In the data, extract each line that holds the string "fmax".

** RECORDS FOR THE EXERCISE follows **

-- ===== src/Inst/Atomic.antt =====
-- src/a_extension.c: load-reserved, store-conditional and the read-modify-write operations.
pub mod Reservation
pub mod Valid
use riscv_simulator.Prelude.{ℕ, Bool, true, false, ◌+◌, bit_and, bit_or, bit_xor, ltb, ◌==◌, ◌&&◌}
use riscv_simulator.Prelude.{if◌then◌else◌, u64, slt64}
use riscv_simulator.Defs.{
  funct3_lr, funct3_sc, funct7_amoswap, funct7_amoadd, funct7_amoxor, funct7_amoand, funct7_amoor,
  funct7_amomin, funct7_amomax, funct7_amominu, funct7_amomaxu,
}
use riscv_simulator.CsrDefs.{cause_illegal_instruction}
use riscv_simulator.State.{Cpu, set_register}
use riscv_simulator.Memory.{memory_read, memory_write}
use riscv_simulator.Exception.{raise_exception}
use riscv_simulator.Inst.Decode.{rd_of, funct3_of, rs1_of, rs2_of, funct7_of}

unfoldable pub execute_lr_w : Cpu → ℕ → ℕ → Cpu
execute_lr_w cpu rd rs1 =
    let address = cpu.registers rs1 in
    let (value, cpu') = memory_read cpu address 8 false in
    record (set_register cpu' rd value) { reserved_address = address }

unfoldable pub execute_sc_w : Cpu → ℕ → ℕ → ℕ → Cpu
execute_sc_w cpu rd rs1 rs2 =
    let address = cpu.registers rs1 in
    let value = cpu.registers rs2 in
    if cpu.reserved_address == address
    then set_register (record (memory_write cpu address value 8) { reserved_address = 0 }) rd 0
    else set_register cpu rd 1

-- The nine operations have one shape: read, combine, write back, and the old value to rd.
unfoldable pub execute_amo : (ℕ → ℕ → ℕ) → Bool → Cpu → ℕ → ℕ → ℕ → Cpu
execute_amo op is_signed cpu rd rs1 rs2 =
    let address = cpu.registers rs1 in
    let src_value = cpu.registers rs2 in
    let (mem_value, cpu') = memory_read cpu address 8 is_signed in
    set_register (memory_write cpu' address (op src_value mem_value) 8) rd mem_value

-- The results, from the register's value and the memory's.
unfoldable pub amoswap : ℕ → ℕ → ℕ
amoswap src mem = src

unfoldable pub amoadd : ℕ → ℕ → ℕ
amoadd src mem = u64 (mem + src)

unfoldable pub amoxor : ℕ → ℕ → ℕ
amoxor src mem = bit_xor mem src

unfoldable pub amoand : ℕ → ℕ → ℕ
amoand src mem = bit_and mem src

unfoldable pub amoor : ℕ → ℕ → ℕ
amoor src mem = bit_or mem src

unfoldable pub amomin : ℕ → ℕ → ℕ
amomin src mem = if slt64 src mem then src else mem

unfoldable pub amomax : ℕ → ℕ → ℕ
amomax src mem = if slt64 mem src then src else mem

unfoldable pub amominu : ℕ → ℕ → ℕ
amominu src mem = if ltb src mem then src else mem

unfoldable pub amomaxu : ℕ → ℕ → ℕ
amomaxu src mem = if ltb mem src then src else mem

unfoldable pub atomic : Cpu → ℕ → ℕ → ℕ → ℕ → ℕ → Cpu
atomic cpu funct3 funct7 rd rs1 rs2 =
    if funct3 == funct3_lr && funct7 == 0x0
    then execute_lr_w cpu rd rs1
    else if funct3 == funct3_sc && funct7 == 0x0
    then execute_sc_w cpu rd rs1 rs2
    else if funct7 == funct7_amoswap
    then execute_amo amoswap false cpu rd rs1 rs2
    else if funct7 == funct7_amoadd
    then execute_amo amoadd false cpu rd rs1 rs2
    else if funct7 == funct7_amoxor
    then execute_amo amoxor false cpu rd rs1 rs2
    else if funct7 == funct7_amoand
    then execute_amo amoand false cpu rd rs1 rs2
    else if funct7 == funct7_amoor
    then execute_amo amoor false cpu rd rs1 rs2
    else if funct7 == funct7_amomin
    then execute_amo amomin true cpu rd rs1 rs2
    else if funct7 == funct7_amomax
    then execute_amo amomax true cpu rd rs1 rs2
    else if funct7 == funct7_amominu
    then execute_amo amominu false cpu rd rs1 rs2
    else if funct7 == funct7_amomaxu
    then execute_amo amomaxu false cpu rd rs1 rs2
    else raise_exception cpu cause_illegal_instruction

unfoldable pub execute_atomic_instruction : Cpu → ℕ → Cpu
execute_atomic_instruction cpu instruction =
    atomic cpu (funct3_of instruction) (funct7_of instruction) (rd_of instruction)
      (rs1_of instruction) (rs2_of instruction)
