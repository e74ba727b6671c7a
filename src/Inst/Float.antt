-- ===== src/Inst/Float.antt =====
-- src/f_extension.c: single-precision operations. The arithmetic is the host's and is a parameter,
-- on bit patterns. The code stores a `float` by reading eight bytes at its address: the four bytes
-- behind it are the parameter's too.
pub mod Valid
use riscv_simulator.Prelude.{ℕ, ◌+◌, ◌*◌, ◌^◌, bit_and, bit_or, bit_xor, ◌==◌, if◌then◌else◌}
use riscv_simulator.Prelude.{u32, not32}
use riscv_simulator.CsrDefs.{cause_illegal_instruction}
use riscv_simulator.State.{Cpu, set_fregister}
use riscv_simulator.Exception.{raise_exception}
use riscv_simulator.Inst.Decode.{rd_of, funct3_of, rs1_of, rs2_of, funct7_of}

-- The host's `float` operations of C and of math.h.
pub record Fpu : Type 0 where
  pub fadd : ℕ → ℕ → ℕ
  pub fsub : ℕ → ℕ → ℕ
  pub fmul : ℕ → ℕ → ℕ
  pub fdiv : ℕ → ℕ → ℕ
  pub fsqrt : ℕ → ℕ
  pub fmin : ℕ → ℕ → ℕ
  pub fmax : ℕ → ℕ → ℕ
  pub stack_word : ℕ

-- `*((float*)&cpu->fregisters[rs])`
unfoldable pub read_float : Cpu → ℕ → ℕ
read_float cpu rs = u32 (cpu.fregisters rs)

module _ (fpu : Fpu) where
  -- `cpu->fregisters[rd] = *((uint64_t*)&result)`
  unfoldable pub write_float : Cpu → ℕ → ℕ → Cpu
  write_float cpu rd result = set_fregister cpu rd (u32 result + u32 fpu.stack_word * 2 ^ 32)

  unfoldable pub float_op : (ℕ → ℕ → ℕ) → Cpu → ℕ → ℕ → ℕ → Cpu
  float_op op cpu rd rs1 rs2 = write_float cpu rd (op (read_float cpu rs1) (read_float cpu rs2))

  unfoldable pub execute_fsqrt_s : Cpu → ℕ → ℕ → Cpu
  execute_fsqrt_s cpu rd rs1 = write_float cpu rd (fpu.fsqrt (read_float cpu rs1))

-- The three sign injections work on the low words and leave the high word 0.
unfoldable pub fsgnj : ℕ → ℕ → ℕ
fsgnj x y = bit_or (bit_and x 0x7FFFFFFF) (bit_and y 0x80000000)

unfoldable pub fsgnjn : ℕ → ℕ → ℕ
fsgnjn x y = bit_or (bit_and x 0x7FFFFFFF) (bit_and (not32 y) 0x80000000)

unfoldable pub fsgnjx : ℕ → ℕ → ℕ
fsgnjx x y = bit_xor x (bit_and y 0x80000000)

unfoldable pub sign_op : (ℕ → ℕ → ℕ) → Cpu → ℕ → ℕ → ℕ → Cpu
sign_op op cpu rd rs1 rs2 =
    set_fregister cpu rd (op (u32 (cpu.fregisters rs1)) (u32 (cpu.fregisters rs2)))

module _ (fpu : Fpu) where
  unfoldable pub float : Cpu → ℕ → ℕ → ℕ → ℕ → ℕ → Cpu
  float cpu funct7 funct3 rd rs1 rs2 =
      if funct7 == 0x00
      then (if funct3 == 0x0
          then float_op fpu fpu.fadd cpu rd rs1 rs2
          else if funct3 == 0x1
          then float_op fpu fpu.fsub cpu rd rs1 rs2
          else if funct3 == 0x2
          then float_op fpu fpu.fmul cpu rd rs1 rs2
          else if funct3 == 0x3
          then float_op fpu fpu.fdiv cpu rd rs1 rs2
          else if funct3 == 0x4
          then execute_fsqrt_s fpu cpu rd rs1
          else if funct3 == 0x5
          then sign_op fsgnj cpu rd rs1 rs2
          else if funct3 == 0x6
          then sign_op fsgnjn cpu rd rs1 rs2
          else if funct3 == 0x7
          then sign_op fsgnjx cpu rd rs1 rs2
          else if funct3 == 0x8
          then float_op fpu fpu.fmin cpu rd rs1 rs2
          else if funct3 == 0x9
          then float_op fpu fpu.fmax cpu rd rs1 rs2
          else raise_exception cpu cause_illegal_instruction)
      else raise_exception cpu cause_illegal_instruction

  unfoldable pub execute_f_extension_instruction : Cpu → ℕ → Cpu
  execute_f_extension_instruction cpu instruction =
      float cpu (funct7_of instruction) (funct3_of instruction) (rd_of instruction)
        (rs1_of instruction) (rs2_of instruction)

** End of RECORDS FOR THE EXERCISE **

#### RESPONSE
  pub fmax : ℕ → ℕ → ℕ
          then float_op fpu fpu.fmax cpu rd rs1 rs2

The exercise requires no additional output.